→ **What the exercise asks**: Where a line of the entries holds the string "role", copy that line.

→ **Listed entries**:

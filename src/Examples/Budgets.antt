-- ===== src/Examples/Budgets.antt =====
-- Budgets of control/sjg_control/store.py on a concrete database: the session "s1" holds 40 tokens.
use scrum_jail_governance_pl.Base.{
  if◌then◌else◌, String, ◌≡◌, refl, some, [], ◌∷◌, arith, pos, eq_comm, eq_join,
}
use scrum_jail_governance_pl.Base.Table.{select, count}
use scrum_jail_governance_pl.Base.Table.Sums.{total}
use scrum_jail_governance_pl.Store.Schema.{
  Store, WakeSession, SessionState, BudgetBucket, BudgetReservation, ReservationState, empty,
}
use scrum_jail_governance_pl.Store.Action.{ok}
use scrum_jail_governance_pl.Store.Sessions.{by_session_id}
use scrum_jail_governance_pl.Store.Budget.{by_reservation_id, settle_budget, release_budget}
use scrum_jail_governance_pl.Store.Budget.Held.{held, IsCovered, IsWithin}
use scrum_jail_governance_pl.Store.Budget.Settle.{verdict, overruns}
use scrum_jail_governance_pl.Store.Budget.Cases.{IsKeyed}
use scrum_jail_governance_pl.Store.Budget.Ledger.{
  settle, perform, perform-IsCovered, perform-IsWithin,
}
use scrum_jail_governance_pl.Store.Budget.Liveness.{AreBucketsKeyed}
use scrum_jail_governance_pl.Store.Budget.Booked.{IsBooked, settle-IsBooked, release-IsBooked}

abbrev ceo : WakeSession
ceo = record {
  session_id = "s1";
  wake_id = "w1";
  org_id = "acme";
  role = "ceo";
  policy_digest = "digest";
  workspace_aliases = [];
  issued_at = "2026-01-01T00:00:00Z";
  expires_at = "2026-01-01T01:00:00Z";
  state = SessionState.active;
}

abbrev purse : String → String → BudgetBucket
purse scope subject = record {
  scope = scope;
  subject = subject;
  epoch = "2026-01";
  token_limit = 100;
  consumed_tokens = 0;
  reserved_tokens = 40;
}

abbrev reservation : BudgetReservation
reservation = record {
  reservation_id = "r1";
  session_id = "s1";
  epoch = "2026-01";
  reserved_tokens = 40;
  state = ReservationState.active;
}

abbrev books : Store
books = record empty {
  sessions = ceo ∷ [];
  buckets = purse "org" "acme" ∷ purse "role" "ceo" ∷ [];
  reservations = reservation ∷ [];
}

books-IsKeyed : IsKeyed books
unfolding count
books-IsKeyed id = ground arith

books-IsCovered : IsCovered books
unfolding held total select
books-IsCovered = record {
  covers = λ scope subject epoch. ground (
    arith,
    eq_comm "org" scope,
    eq_comm "role" scope,
    eq_comm "acme" subject,
    eq_comm "ceo" subject,
    eq_comm "2026-01" epoch,
    eq_join "org" "role" scope,
  );
}

books-IsWithin : IsWithin books
unfolding select
books-IsWithin = record { within = λ scope subject epoch. ground arith }

books-AreBucketsKeyed : AreBucketsKeyed books
unfolding count
books-AreBucketsKeyed scope subject epoch = ground (arith, eq_join "org" "role" scope)

found_reservation : select (by_reservation_id "r1") books.reservations ≡ some reservation
unfolding select
found_reservation = refl

found_session : select (by_session_id "s1") books.sessions ≡ some ceo
unfolding select
found_session = refl

perform-IsCovered_example : IsCovered (perform (settle "r1" (pos 30)) books).1
perform-IsCovered_example =
    perform-IsCovered (settle "r1" (pos 30)) books books-IsKeyed books-IsCovered

settled_well : (perform (settle "r1" (pos 30)) books).0 ≡ ok tt
unfolding perform settle_budget select
settled_well = refl

perform-IsWithin_example : IsWithin (perform (settle "r1" (pos 30)) books).1
perform-IsWithin_example = perform-IsWithin (settle "r1" (pos 30)) books settled_well books-IsWithin

settle-IsBooked_example :
    ((settle_budget "r1" (pos 30) books).0 ≡ verdict (overruns reservation ceo 30 books))
    × IsBooked "r1" reservation ceo 30
        (if overruns reservation ceo 30 books
          then ReservationState.uncertain
          else ReservationState.settled)
        books
        (settle_budget "r1" (pos 30) books).1
settle-IsBooked_example =
    settle-IsBooked "r1" reservation ceo books 30 found_reservation found_session refl (omega arith)
      books-IsCovered

release-IsBooked_example :
    ((release_budget "r1" books).0 ≡ ok tt)
    × IsBooked "r1" reservation ceo 0 ReservationState.released books (release_budget "r1" books).1
release-IsBooked_example =
    release-IsBooked "r1" reservation ceo books found_reservation found_session refl (omega arith)
      books-IsCovered books-AreBucketsKeyed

→ **Exercise output**:
  role = "ceo";
  buckets = purse "org" "acme" ∷ purse "role" "ceo" ∷ [];
    eq_comm "role" scope,
    eq_join "org" "role" scope,
books-AreBucketsKeyed scope subject epoch = ground (arith, eq_join "org" "role" scope)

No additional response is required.